Please note, the above mentioned is just a thought and nothing more. :roll:


----------



## lazersteve (Feb 5, 2011)

Water is cheaper and easier to work with than HCl. Use it as you described and you'll be good. I find a quick wash with water nearly elimnates the bulk of the carbon from the next steps.

Steve


----------



## Barren Realms 007 (Feb 5, 2011)

lazersteve said:


> The problem with burning carbon off of the cats is that carbon forms volatile compounds with some PGMS, especially Pd. These compounds go up in smoke with the carbon.
> 
> I wash my cats out with a strong jet of water and filter the water to collect the carbon for proper disposal.
> 
> Steve



When you say a strong jet are you referring to a pressure washer, a sink hand sprayer, just a faucet on full or a water hose sprayer?


----------



## lazersteve (Feb 5, 2011)

Hose with and adjustable sprayer for a quick blast into a large bucket.

Steve


----------



## Barren Realms 007 (Feb 5, 2011)

That's what I figured. Thanks


----------



## lazersteve (Feb 5, 2011)

Be sure to wear your safety gear as the carbon/water likes to splatter around under the prssure of the water. You'll get the hang of how much pressure to use after a few cats.

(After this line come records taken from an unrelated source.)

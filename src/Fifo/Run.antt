-- ===== src/Fifo/Run.antt =====
-- A client's sequence of calls on a fifo whose lock can always be taken.
use qnx_virtio.Common.{ℕ, ◌≡◌, refl, List, [], ◌∷◌, none, eok, arith, length}
use qnx_virtio.Spinlock.{Spinlock}
use qnx_virtio.Fifo.{Fifo, put, get}
use qnx_virtio.Fifo.Queue
use qnx_virtio.Fifo.Queue.{Op, enqueue, dequeue, Reply}
use qnx_virtio.Fifo.Laws.{IsValid}
use qnx_virtio.Fifo.Refine.{contents, put_refines, get_refines, put-shape, get-shape}

-- Every element that is put has `size` bytes.
abbrev pub AllFit : ℕ → List Op → Type 0
AllFit size [] = Unit {0}
AllFit size (enqueue x ∷ ops) = (length x ≡ size) × AllFit size ops
AllFit size (dequeue ∷ ops) = AllFit size ops

module _ (s : Spinlock) where
  open s use {Lock, spin_lock}

  unfoldable pub run : Fifo Lock → List Op → List Reply
  run f [] = []
  run f (enqueue x ∷ ops) = let (rc, f') = put s f x in (rc, none) ∷ run f' ops
  run f (dequeue ∷ ops) = let (rc, out, f') = get s f in (rc, out) ∷ run f' ops

  -- If the lock can always be taken, no sequence of `fifo_put` and `fifo_get` calls with elements of
  -- the fifo's size tells a valid fifo from the bounded queue of its contents.
  pub run_refines :
      (free : (l : Lock) → (spin_lock l).0 ≡ eok) (ops : List Op) (f : Fifo Lock)
      → IsValid f
      → AllFit f.elem_size ops
      → run f ops ≡ Queue.run f.capacity (contents f) ops
  unfolding run Queue.run
  run_refines free [] f v fit = refl
  run_refines free (enqueue x ∷ ops) f v fit = ground (
    arith,
    free f.lock,
    put_refines s f x v fit.0,
    put-shape s f x,
    run_refines free ops (put s f x).1,
  )
  run_refines free (dequeue ∷ ops) f v fit =
      ground
        (arith, free f.lock, get_refines s f v, get-shape s f, run_refines free ops (get s f).2)
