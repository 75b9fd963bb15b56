-- ===== src/Os.antt =====
-- The calls of the operating system that the driver makes and does not implement: memory mappings,
-- physical addresses, heap blocks and the errno of the last failure, over an abstract state.
use qnx_virtio.Common.{
  ℕ, ◌≡◌, Bool, true, false, Option, none, some, List, [], ◌∷◌, ◌&&◌, ◌==◌, if◌then◌else◌, Errno,
  is_ok, Result, length,
}
use qnx_virtio.Spinlock.{Spinlock}

-- A mapping: its address and its length.
abbrev pub Mapping : Type 0
Mapping = ℕ × ℕ

-- Whether a mapping is live, and the mappings without it.
abbrev pub mapped : Mapping → List Mapping → Bool
mapped m [] = false
mapped (a, n) ((b, k) ∷ ms) = if (a == b) && (n == k) then true else mapped (a, n) ms

abbrev pub unmap : Mapping → List Mapping → List Mapping
unmap m [] = []
unmap (a, n) ((b, k) ∷ ms) = if (a == b) && (n == k) then ms else (b, k) ∷ unmap (a, n) ms

pub record Os : Type 1 where
  pub spin : Spinlock
  pub World : Type 0
  -- `getpagesize()`
  pub pagesize : ℕ
  -- `mmap64(0, len, …)` of anonymous memory: an address, or `MAP_FAILED`.
  pub mmap : (len : ℕ) → World → Option ℕ × World
  pub munmap : (addr len : ℕ) → World → Errno × World
  -- `mem_offset64`: the physical address, or the code that is returned.
  pub mem_offset : (addr len : ℕ) → World → Result ℕ × World
  pub errno : World → Errno
  -- `calloc`: a block, or a null pointer.
  pub calloc : (count size : ℕ) → World → Option ℕ × World
  pub free : ℕ → World → World
  -- `malloc` of a `struct fifo`: its uninitialised lock word and data bytes.
  pub malloc_fifo : (bytes : ℕ) → World → Option (spin.Lock × List ℕ) × World
  pub free_fifo : World → World
  -- The lock word of a zeroed structure.
  pub zero_lock : spin.Lock

-- The documented effect of these calls on the live mappings.
pub record Accounting (os : Os) : Type 0 where
  pub mappings : os.World → List Mapping
  pub mmap-some :
      (len : ℕ) (w : os.World) (a : ℕ)
      → (os.mmap len w).0 ≡ some a
      → mappings (os.mmap len w).1 ≡ (a, len) ∷ mappings w
  pub mmap-none :
      (len : ℕ) (w : os.World) → (os.mmap len w).0 ≡ none → mappings (os.mmap len w).1 ≡ mappings w
  pub munmap-mapped :
      (a len : ℕ) (w : os.World)
      → mapped (a, len) (mappings w) ≡ true
      → (is_ok (os.munmap a len w).0 ≡ true)
        × (mappings (os.munmap a len w).1 ≡ unmap (a, len) (mappings w))
  -- A length of 0 is an error, and an error unmaps nothing.
  pub munmap-zero : (a : ℕ) (w : os.World) → is_ok (os.munmap a 0 w).0 ≡ false
  pub munmap-err :
      (a len : ℕ) (w : os.World)
      → is_ok (os.munmap a len w).0 ≡ false
      → mappings (os.munmap a len w).1 ≡ mappings w
  pub mem_offset-same : (a len : ℕ) (w : os.World) → mappings (os.mem_offset a len w).1 ≡ mappings w
  pub calloc-same : (n k : ℕ) (w : os.World) → mappings (os.calloc n k w).1 ≡ mappings w
  pub free-same : (a : ℕ) (w : os.World) → mappings (os.free a w) ≡ mappings w
  pub malloc_fifo-same : (n : ℕ) (w : os.World) → mappings (os.malloc_fifo n w).1 ≡ mappings w
  pub free_fifo-same : (w : os.World) → mappings (os.free_fifo w) ≡ mappings w

-- A block that `malloc` grants has the bytes asked for.
abbrev pub MallocFits : Os → Type 0
MallocFits os =
    (n : ℕ) (w : os.World) (l : os.spin.Lock) (bytes : List ℕ)
    → (os.malloc_fifo n w).0 ≡ some (l, bytes)
    → length bytes ≡ n
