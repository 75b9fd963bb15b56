-- ===== src/Virtq.antt =====
-- src/virtio/virtq.c: the data of a virtqueue and the calls that read it. The memory shared with the
-- device is part of the state: descriptor table, available ring and used ring are lists. A read or
-- write out of range, which C leaves undefined, reads zeros here and writes nothing.
-- An absent virtqueue is a null pointer; `out` says whether the output pointer is not null.
pub mod Layout
pub mod Mapping
pub mod Create
pub mod Walk
pub mod Submit
pub mod FreeList
pub mod Ownership
pub mod Frames
pub mod Tables
pub mod Mapped
pub mod Fresh
pub mod Unwind
pub mod Fits
pub mod Sample
mod Tests
pub mod Alloc
pub mod Chain
use qnx_virtio.Common.{
  ℕ, ◌+◌, ◌*◌, ◌/◌, ◌%◌, Bool, Option, none, some, List, [], ◌∷◌, einval, Result, ok, err,
  if◌then◌else◌, leb, get_or, set, Errno, eok,
}
use qnx_virtio.Fifo.{Fifo}

-- `VIRTQ_DESC_F_NEXT`
abbrev pub f_next : ℕ
f_next = 1

-- `VIRTQ_DESC_F_WRITE`
abbrev pub f_write : ℕ
f_write = 2

-- `struct virtq_desc`
pub record Desc : Type 0 where
  pub addr : ℕ
  pub len : ℕ
  pub flags : ℕ
  pub next : ℕ

-- `struct virtq_avail`
pub record Avail : Type 0 where
  pub flags : ℕ
  pub idx : ℕ
  pub ring : List ℕ

-- `struct virtq_used_elem`
pub record UsedElem : Type 0 where
  pub id : ℕ
  pub len : ℕ

-- `struct virtq_used`
pub record Used : Type 0 where
  pub flags : ℕ
  pub idx : ℕ
  pub ring : List UsedElem

-- `struct desc_extras`; the context is a pointer that may be null.
pub record DescExtras : Type 0 where
  pub vaddr : ℕ
  pub context : Option ℕ

-- The fields of `struct virtq` that say where the queue lies in memory. Beside the code: how many
-- bytes are mapped from each of the three addresses on.
pub record Place : Type 0 where
  pub num : ℕ
  pub legacy : Bool
  pub desc_vaddr : ℕ
  pub desc_paddr : ℕ
  pub avail_vaddr : ℕ
  pub avail_paddr : ℕ
  pub used_vaddr : ℕ
  pub used_paddr : ℕ
  pub desc_bytes : ℕ
  pub avail_bytes : ℕ
  pub used_bytes : ℕ

-- `struct virtq` over the lock words `L`: `Place`, and its other fields with what they point to.
pub record Virtq (L : Type 0) : Type 0 where
  pub place : Place
  pub open place use *
  pub lock : L
  pub desc : List Desc
  pub avail : Avail
  pub used : Used
  pub last_seen_used : ℕ
  pub free_descs : Fifo L
  pub desc_extras : List DescExtras

abbrev pub zero_desc : Desc
zero_desc = record { addr = 0; len = 0; flags = 0; next = 0 }

abbrev pub zero_extras : DescExtras
zero_extras = record { vaddr = 0; context = none }

abbrev pub desc_at : {L : Type 0} → Virtq L → ℕ → Desc
desc_at vq i = get_or vq.desc i zero_desc

abbrev pub extras_at : {L : Type 0} → Virtq L → ℕ → DescExtras
extras_at vq i = get_or vq.desc_extras i zero_extras

-- The bytes of a `uint16_t`, as the free list stores it, and back.
abbrev pub bytes16 : ℕ → List ℕ
bytes16 n = (n % 256) ∷ (n / 256 % 256) ∷ []

abbrev pub of_bytes16 : List ℕ → ℕ
of_bytes16 bytes = get_or bytes 0 0 + 256 * get_or bytes 1 0

module _ {L : Type 0} where
  -- The calls that return a field of the queue.
  unfoldable pub get_field : Option (Virtq L) → (out : Bool) → (Virtq L → ℕ) → Result ℕ
  get_field none out field = err einval
  get_field (some vq) out field = if out then ok (field vq) else err einval

  unfoldable pub desc_paddr : Option (Virtq L) → (out : Bool) → Result ℕ
  unfolding get_field
  desc_paddr vq out = get_field vq out λ q. q.place.desc_paddr

  unfoldable pub avail_paddr : Option (Virtq L) → (out : Bool) → Result ℕ
  unfolding get_field
  avail_paddr vq out = get_field vq out λ q. q.place.avail_paddr

  unfoldable pub used_paddr : Option (Virtq L) → (out : Bool) → Result ℕ
  unfolding get_field
  used_paddr vq out = get_field vq out λ q. q.place.used_paddr

  unfoldable pub size : Option (Virtq L) → (out : Bool) → Result ℕ
  unfolding get_field
  size vq out = get_field vq out λ q. q.place.num

  -- The calls that return something of descriptor `idx`.
  unfoldable pub get_of_desc {ℓ} :
      {A : Type ℓ} → Option (Virtq L) → (idx : ℕ) → (out : Bool) → (Virtq L → A) → Result A
  get_of_desc none idx out read = err einval
  get_of_desc (some vq) idx out read =
      if out then (if leb vq.place.num idx then err einval else ok (read vq)) else err einval

  unfoldable pub get_desc_vaddr : Option (Virtq L) → (idx : ℕ) → (out : Bool) → Result ℕ
  unfolding get_of_desc
  get_desc_vaddr vq idx out = get_of_desc vq idx out λ q. (extras_at q idx).vaddr

  unfoldable pub get_desc_len : Option (Virtq L) → (idx : ℕ) → (out : Bool) → Result ℕ
  unfolding get_of_desc
  get_desc_len vq idx out = get_of_desc vq idx out λ q. (desc_at q idx).len

  unfoldable pub get_desc_flags : Option (Virtq L) → (idx : ℕ) → (out : Bool) → Result ℕ
  unfolding get_of_desc
  get_desc_flags vq idx out = get_of_desc vq idx out λ q. (desc_at q idx).flags

  unfoldable pub get_desc_context : Option (Virtq L) → (idx : ℕ) → (out : Bool) → Result (Option ℕ)
  unfolding get_of_desc
  get_desc_context vq idx out = get_of_desc vq idx out λ q. (extras_at q idx).context

  -- A null context is refused.
  unfoldable pub set_desc_context :
      Option (Virtq L) → (idx : ℕ) → (context : Option ℕ) → Errno × Option (Virtq L)
  set_desc_context none idx context = (einval, none)
  set_desc_context (some vq) idx none = (einval, some vq)
  set_desc_context (some vq) idx (some c) = if leb vq.place.num idx then (einval, some vq) else (
    eok,
    some (record vq {
      desc_extras =
          set vq.desc_extras idx (record { vaddr = (extras_at vq idx).vaddr; context = some c });
    }),
  )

An old long sleeve jacket or shirt helps too.

Steve


----------



## Barren Realms 007 (Feb 5, 2011)

Possibly an old dishwasher set up just for this in a closed loop system might work.


----------



## chrisv (Feb 5, 2011)

Thanks again steve, If you recon the dialuted HCL will work well, I think I'd use that method as I can get the stuff almost cheaper than what I pay for my distilled water, lol
Also, as metioned b4, Im thinking of going into this cat processing full time and also, here in Scotland, we dont get many nice weather days so we are rather limited to what we can/cant do when it comes to playing outside with preasure washers, lol :roll: Also, drainage for the water and carbon would be a problem as you'd need a paved area otherwise my wife is going to kill me if I turn her grass from green to black, lol

Also, with a dishwasher, is there a fair bit of preasure when its in opperation, just thought that it was more to do with the hot water removing all the dirt and grime off the dishes


----------



## Barren Realms 007 (Feb 5, 2011)

Yea there is as much pressure if not more as comes out of a sprayer on a water hose. Plus there is a built in heating element. You can set it up on a stand alone loop system where the drain pumps thru a filter to filter out most of the carbon and impurities, and it pumps into a holding tank. You can have it wired up where when the unit calls for water it closes a relay that turns on a pump to fill the dishwasher back up for the next cycle. Since there is a wash cycle and a rinse cycle you could wire it up to 2 holding tanks one for each system and hen the rinse water gets dirty you could use it for the wash cycle and discard the wash water after proper treatment.


----------



## chrisv (Feb 5, 2011)

Hy Barren, When you coming here to build one for me, lol
So you not just moody  you quite clued up to  Master of all when it comes to construction


----------



## Barren Realms 007 (Feb 5, 2011)

chrisv said:


> Hy Barren, When you coming here to build one for me, lol
> So you not just moody  you quite clued up to  Master of all when it comes to construction



I should one of these day's. I'll have to go look at the family history book but I think it originates partialy from there down thru Daniel Boone. But you'r going to have to make it warm up over there 1st and stop raining. I hate the cold and the rain. Maybe a container load of those cat's sent to me will entice me to come over... :twisted: 8) :mrgreen:


----------



## chrisv (Feb 5, 2011)

Barren, for all your help and advice in the past, I think I'd need to send you a freaking cargo ship full of the stuff


----------



## dub8 (Feb 22, 2011)

might be a dumb ? would something like carb cleaner work like what u use to soak carb parts in


----------